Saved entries
● ● ● ● ● ● ●

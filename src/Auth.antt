-- ===== src/Auth.antt =====
-- apps/api/src/services/auth.service.ts: `AuthService` on its database path, with the session
-- registry of Sessions.antt. `UserTable` is what the service takes from the database client: the user
-- rows, found by identifier and by email and updated by identifier. A `Runtime` holds the password
-- functions, which PasswordHash.antt models over code points, and the environment. Each operation
-- reads the clock once. A method returns the state that it leaves, also where it throws.
pub mod Table
pub mod Login
pub mod Account
pub mod SignIn
pub mod Credentials
pub mod Lockout
pub mod Access
pub mod PasswordChange
mod Tests
use big_project.Common.{
  ℕ, zero, suc, ◌+◌, ◌-◌, ◌*◌, ◌/◌, ◌%◌, ◌≤◌, ◌<◌, min, max, String, ◌≡◌, refl, sym, ap, subst, ◌∙◌,
  ◌≢◌, ◌↔◌, ◌⊎◌, inl, inr, Bool, true, false, not, ◌&&◌, ◌||◌, Option, none, some, List, [], ◌∷◌,
  ◌++◌, map, arith, eq_iff, eq_refl, ◌=ₛ◌, ltb, leb, ◌==◌, if◌then◌else◌, ltb→lt, lt→ltb, le→leb,
  Bool-cases, Option-cases, length, find, filter, any, all, head?, length-append, length-filter-le,
  find-passes, All, All-append, All-filter, is_empty, before, includes_char,
}
use big_project.Common.Result.{
  Result, ok, throw, Exception, bad_request, unauthorized, forbidden, not_found, conflict,
  too_many_requests, service_unavailable, ◌>>=◌, ◌>>◌, throw_if, or_throw,
}
use big_project.Shared.{UserRole, User, Organization, AuthSession}
use big_project.Sessions.{Registry}
use big_project.Sessions
use mathlib.Core.Option
use Table.{UserRow, UserTable, OrganizationRow}

abbrev pub failed_login_limit : ℕ
failed_login_limit = 5

abbrev pub account_lock_duration_ms : ℕ
account_lock_duration_ms = 15 * 60 * 1000

abbrev pub password_lifetime_ms : ℕ
password_lifetime_ms = 90 * 24 * 60 * 60 * 1000

-- `undefined` and the empty text are falsy.
abbrev pub truthy : Option String → Option String
truthy none = none
truthy (some s) = if is_empty s then none else some s

pub record Runtime : Type 0 where
  pub password_matches : String → String → Bool
  pub hash_needs_upgrade : String → Bool
  -- `createPasswordHash`, with its salt drawn.
  pub create_hash : String → String
  pub is_strong : String → Bool
  pub trim : String → String
  pub to_lower_case : String → String
  pub utf16_length : String → ℕ
  -- `databaseAvailable()`.
  pub database_available : Bool

pub record LoginInput : Type 0 where
  pub email : String
  pub password : String

pub record ChangePasswordInput : Type 0 where
  pub current_password : String
  pub new_password : String

pub data LoginResult : Type 0 where
  success : UserRow → Bool → LoginResult
  invalid_credentials : LoginResult

-- A password is due for a change 90 days after the last one. The source subtracts from the clock
-- and compares; the sum is the same test.
abbrev pub password_expired : UserRow → ℕ → Bool
password_expired user now =
    leb (Option.get_or user.password_changed_at user.created_at + password_lifetime_ms) now

abbrev pub must_change : UserRow → ℕ → Bool
must_change user now = user.password_change_required || password_expired user now

-- What one attempt writes into the row.
abbrev pub unlock : UserRow → UserRow
unlock user = record user { failed_login_attempts = 0; locked_until = none }

abbrev pub count_failure : UserRow → UserRow
count_failure user = record user { failed_login_attempts = user.failed_login_attempts + 1 }

abbrev pub lock : ℕ → UserRow → UserRow
lock now user = record user { locked_until = some (now + account_lock_duration_ms) }

abbrev pub is_locked : UserRow → ℕ → Bool
is_locked user now = elim user.locked_until [ none ↦ false | some until ↦ ltb now until ]

abbrev pub was_locked : UserRow → Bool
was_locked user = elim user.locked_until [ none ↦ false | some until ↦ true ]

-- `parseLoginInput`, behind the checks of the input's types.
unfoldable pub parse_login_input : Runtime → LoginInput → Result LoginInput
parse_login_input rt input =
    let email = rt.to_lower_case (rt.trim input.email) in
    if is_empty email
      || ltb 320 (rt.utf16_length email)
      || not (includes_char b'@' email)
      || rt.utf16_length input.password == 0
      || ltb 256 (rt.utf16_length input.password)
    then throw unauthorized
    else ok (record { email = email; password = input.password })

-- `toUser`, and the organization that is joined to the row.
abbrev pub to_user : UserRow → User
to_user u = record {
  id = u.id;
  email = u.email;
  name = u.name;
  role = u.role;
  organization_id = u.organization_id;
  created_at = u.created_at;
}

abbrev pub unaffiliated_organization : Organization
unaffiliated_organization = record { id = ""; name = "소속 없음"; join_code = none; created_at = 0 }

abbrev pub organization_of : UserRow → Organization
organization_of u = elim u.organization [
  | none ↦ unaffiliated_organization
  | some o ↦ record {
    id = o.id;
    name = o.name;
    join_code = some o.join_code;
    created_at = o.created_at;
  }
]

module _ (users : UserTable) where
  open users use {Db}

  pub record State : Type 0 where
    pub db : Db
    pub registry : Registry

  abbrev pub Run : Type 0 → Type 0
  Run A = State × Result A

  -- `createSession`, given the token drawn.
  unfoldable pub create_session : State → ℕ → String → User → Organization → State × AuthSession
  create_session s now token user organization =
      let session : AuthSession = record {
        token = token;
        user = user;
        organization = organization;
        password_change_required = false;
      } in
      (record s { registry = Sessions.set s.registry now token session }, session)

● ● ● ● ● ● ●

> [WHAT THE TASK ASKS] Which lines of the data contain "users"? Copy them all.

> [RESULT FOR THIS EXERCISE]
module _ (users : UserTable) where
  open users use {Db}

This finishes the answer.